While still graduate students in family planning and population dynamics at the University of North Carolina's School of Public Health, they conceived the firm to fund a non-profit organization to use the profits to finance family-planning programs in developing countries.

With a Ford Foundation fellowship, they devised a plan to use social marketing in the U.S., and with university consent, they began writing witty ad copy ("What will you get her this Christmas -- pregnant?") and advertising condoms in the mail and 300 of the largest U.S. college newspapers. Though selling condoms via the mail violated the Comstock Act (not overturned in its entirety until 1972), they knew the law was rarely enforced. They began to see a profit, stating, "The mail-order condom market was just sitting there waiting for somebody," recalls Harvey. "

==Philanthropy==
===Population Services International===

With the business generating enough revenue to cover costs, the partners wondered if the condom business could create enough profit to finance overseas social-marketing projects. If so, they would have the ability to bypass conventional donors and function with complete autonomy. With that, the men launched Population Services International (PSI), and by 1975, were conducting condom marketing programs in Bangladesh and Kenya.
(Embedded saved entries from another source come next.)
-- ===== src/Common/Sort.antt =====
-- `sorted` as a stable insertion sort under a Boolean order, and the order of texts.
use Prim.Native.String.{String, compare}
use mathlib.Core.Path.{◌≡◌, refl}
use mathlib.Core.Bool.{Bool, true, ◌||◌}
use mathlib.Core.List.{List, [], ◌∷◌}
use native.Mathlib.Omega.{arith}
use text.Mathlib.Text.{is_lt}
use evalops_lab.Common.Tests.{Eq, ◌==◌, ==_iff, if◌then◌else◌}
use evalops_lab.Common.Lists.{member, unique, length, All, count}

-- `s < t` on texts, by code points.
abbrev pub str_lt : String → String → Bool
str_lt s t = is_lt (compare s t)

module _ {ℓ} {A : Type ℓ} where
  abbrev pub place : (A → A → Bool) → A → List A → List A
  place lt x [] = x ∷ []
  place lt x (y ∷ ys) = if lt y x then y ∷ place lt x ys else x ∷ y ∷ ys

  -- Elements that compare equal keep their order.
  abbrev pub sort_by : (A → A → Bool) → List A → List A
  sort_by lt [] = []
  sort_by lt (x ∷ xs) = place lt x (sort_by lt xs)

  All-place {κ} :
      (P : A → Type κ) (lt : A → A → Bool) (x : A) (ys : List A)
      → P x
      → All P ys
      → All P (place lt x ys)
  All-place P lt x [] px h = (px, h)
  All-place P lt x (y ∷ ys) px h = ground (arith, All-place P lt x ys px)

  pub All-sort_by {κ} :
      (P : A → Type κ) (lt : A → A → Bool) (xs : List A) → All P xs → All P (sort_by lt xs)
  All-sort_by P lt [] h = h
  All-sort_by P lt (x ∷ xs) h = All-place P lt x (sort_by lt xs) h.0 (All-sort_by P lt xs h.1)

  length-place :
      (lt : A → A → Bool) (x : A) (ys : List A) → length (place lt x ys) ≡ length (x ∷ ys)
  length-place lt x [] = refl
  length-place lt x (y ∷ ys) = ground (arith, length-place lt x ys)

  count-place :
      (lt : A → A → Bool) (p : A → Bool) (x : A) (ys : List A)
      → count p (place lt x ys) ≡ count p (x ∷ ys)
  count-place lt p x [] = refl
  count-place lt p x (y ∷ ys) = ground (arith, count-place lt p x ys)

  pub count-sort_by :
      (lt : A → A → Bool) (p : A → Bool) (xs : List A) → count p (sort_by lt xs) ≡ count p xs
  count-sort_by lt p [] = refl
  count-sort_by lt p (x ∷ xs) =
      ground (arith, count-place lt p x (sort_by lt xs), count-sort_by lt p xs)

  pub length-sort_by : (lt : A → A → Bool) (xs : List A) → length (sort_by lt xs) ≡ length xs
  length-sort_by lt [] = refl
  length-sort_by lt (x ∷ xs) =
      ground (arith, length-place lt x (sort_by lt xs), length-sort_by lt xs)

module _ {ℓ} {A : Type ℓ} ⦃e : Eq A⦄ where
  member-place :
      (lt : A → A → Bool) (a x : A) (ys : List A)
      → member a (place lt x ys) ≡ (a == x || member a ys)
  member-place lt a x [] = refl
  member-place lt a x (y ∷ ys) = ground (arith, member-place lt a x ys)

  pub member-sort_by :
      (lt : A → A → Bool) (a : A) (xs : List A) → member a (sort_by lt xs) ≡ member a xs
  member-sort_by lt a [] = refl
  member-sort_by lt a (x ∷ xs) =
      ground (arith, member-place lt a x (sort_by lt xs), member-sort_by lt a xs)

  unique-place :
      (lt : A → A → Bool) (x : A) (ys : List A) → unique (place lt x ys) ≡ unique (x ∷ ys)
  unique-place lt x [] = refl
  unique-place lt x (y ∷ ys) =
      ground (arith, unique-place lt x ys, member-place lt y x ys, ==_iff x y, ==_iff y x)

  pub unique-sort_by :
      (lt : A → A → Bool) (xs : List A) → unique xs ≡ true → unique (sort_by lt xs) ≡ true
  unique-sort_by lt [] h = h
  unique-sort_by lt (x ∷ xs) h =
      ground
        (arith, unique-place lt x (sort_by lt xs), member-sort_by lt x xs, unique-sort_by lt xs)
Though Harvey left his position as the director in the late 1970s, PSI still sells birth control and health products in over 60 countries and is prominent in international family planning.

===DKT International===

In the late 1970s, Harvey focused more on running Adam & Eve, but in 1989, he also launched DKT International (DKT), an organization that promotes family planning and HIV/AIDS prevention in Africa, Asia, and Latin America. Much of its revenue comes from its sales of low-cost contraceptives, but Adam & Eve also donates more than 25% of its profits. While its biggest programs draw funding from government agencies and foundations, its private funding allows it to greater freedom. Its social marketing strategies have included advertising, creating location-specific brands, working with local social networks and militaries, and targeting high-risk groups.

==Company overview==
Along with Adam & Eve's brand of erotic toys, the firm carries a variety of items for men, women, and couples. In 2004, it started franchising its stores in the U.S. and abroad. In 2009, the company donated funds to the Free Speech Coalition. In 2019, it acquired the Excite Group, Australia's largest online adult retailer.